[MATERIAL TO PROCESS Boundary: Start]

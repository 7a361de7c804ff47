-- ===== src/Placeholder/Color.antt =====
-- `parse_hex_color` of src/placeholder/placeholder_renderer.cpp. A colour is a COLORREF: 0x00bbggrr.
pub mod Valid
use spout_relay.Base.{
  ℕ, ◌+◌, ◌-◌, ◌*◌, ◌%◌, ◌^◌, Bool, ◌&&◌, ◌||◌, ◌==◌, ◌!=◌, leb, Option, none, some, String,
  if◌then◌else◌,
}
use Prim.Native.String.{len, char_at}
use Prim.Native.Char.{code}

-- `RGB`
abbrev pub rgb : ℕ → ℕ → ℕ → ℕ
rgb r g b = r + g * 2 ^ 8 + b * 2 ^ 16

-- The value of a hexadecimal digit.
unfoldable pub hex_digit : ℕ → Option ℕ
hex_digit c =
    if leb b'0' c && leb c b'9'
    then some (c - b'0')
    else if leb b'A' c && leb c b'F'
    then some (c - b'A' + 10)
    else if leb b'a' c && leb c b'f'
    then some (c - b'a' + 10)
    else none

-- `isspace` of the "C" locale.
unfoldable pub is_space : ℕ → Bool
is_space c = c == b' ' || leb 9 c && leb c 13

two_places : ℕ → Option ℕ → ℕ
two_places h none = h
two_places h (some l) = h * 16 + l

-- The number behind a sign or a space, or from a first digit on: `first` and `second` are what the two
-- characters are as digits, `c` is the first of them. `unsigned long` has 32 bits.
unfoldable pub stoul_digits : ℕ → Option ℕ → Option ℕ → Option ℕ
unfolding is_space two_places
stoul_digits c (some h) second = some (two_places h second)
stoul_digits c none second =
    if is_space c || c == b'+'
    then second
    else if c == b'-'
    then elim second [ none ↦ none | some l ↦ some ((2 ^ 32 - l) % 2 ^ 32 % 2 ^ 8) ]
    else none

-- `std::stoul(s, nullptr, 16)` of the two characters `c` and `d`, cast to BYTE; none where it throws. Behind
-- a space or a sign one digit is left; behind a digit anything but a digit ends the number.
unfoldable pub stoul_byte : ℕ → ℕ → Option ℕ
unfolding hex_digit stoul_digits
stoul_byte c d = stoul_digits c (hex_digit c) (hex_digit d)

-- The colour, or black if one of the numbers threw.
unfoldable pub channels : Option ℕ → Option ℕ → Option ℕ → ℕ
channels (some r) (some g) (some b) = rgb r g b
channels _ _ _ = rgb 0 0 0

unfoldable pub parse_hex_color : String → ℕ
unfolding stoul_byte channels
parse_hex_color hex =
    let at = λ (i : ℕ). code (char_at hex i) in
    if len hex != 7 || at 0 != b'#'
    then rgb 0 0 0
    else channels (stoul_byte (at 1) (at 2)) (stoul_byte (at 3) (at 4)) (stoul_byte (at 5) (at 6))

[MATERIAL TO PROCESS Boundary: End]

§ **PROBLEM TO SOLVE**: Using the records above, set down exactly the lines from the one with "stoul_digits c none" through the one with "unfoldable pub stoul_byte : ℕ → ℕ → Option ℕ", inclusive, and nothing more.

§ **YOUR SOLUTION**:
stoul_digits c none second =
    if is_space c || c == b'+'
    then second
    else if c == b'-'
    then elim second [ none ↦ none | some l ↦ some ((2 ^ 32 - l) % 2 ^ 32 % 2 ^ 8) ]
    else none

-- `std::stoul(s, nullptr, 16)` of the two characters `c` and `d`, cast to BYTE; none where it throws. Behind
-- a space or a sign one digit is left; behind a digit anything but a digit ends the number.
unfoldable pub stoul_byte : ℕ → ℕ → Option ℕ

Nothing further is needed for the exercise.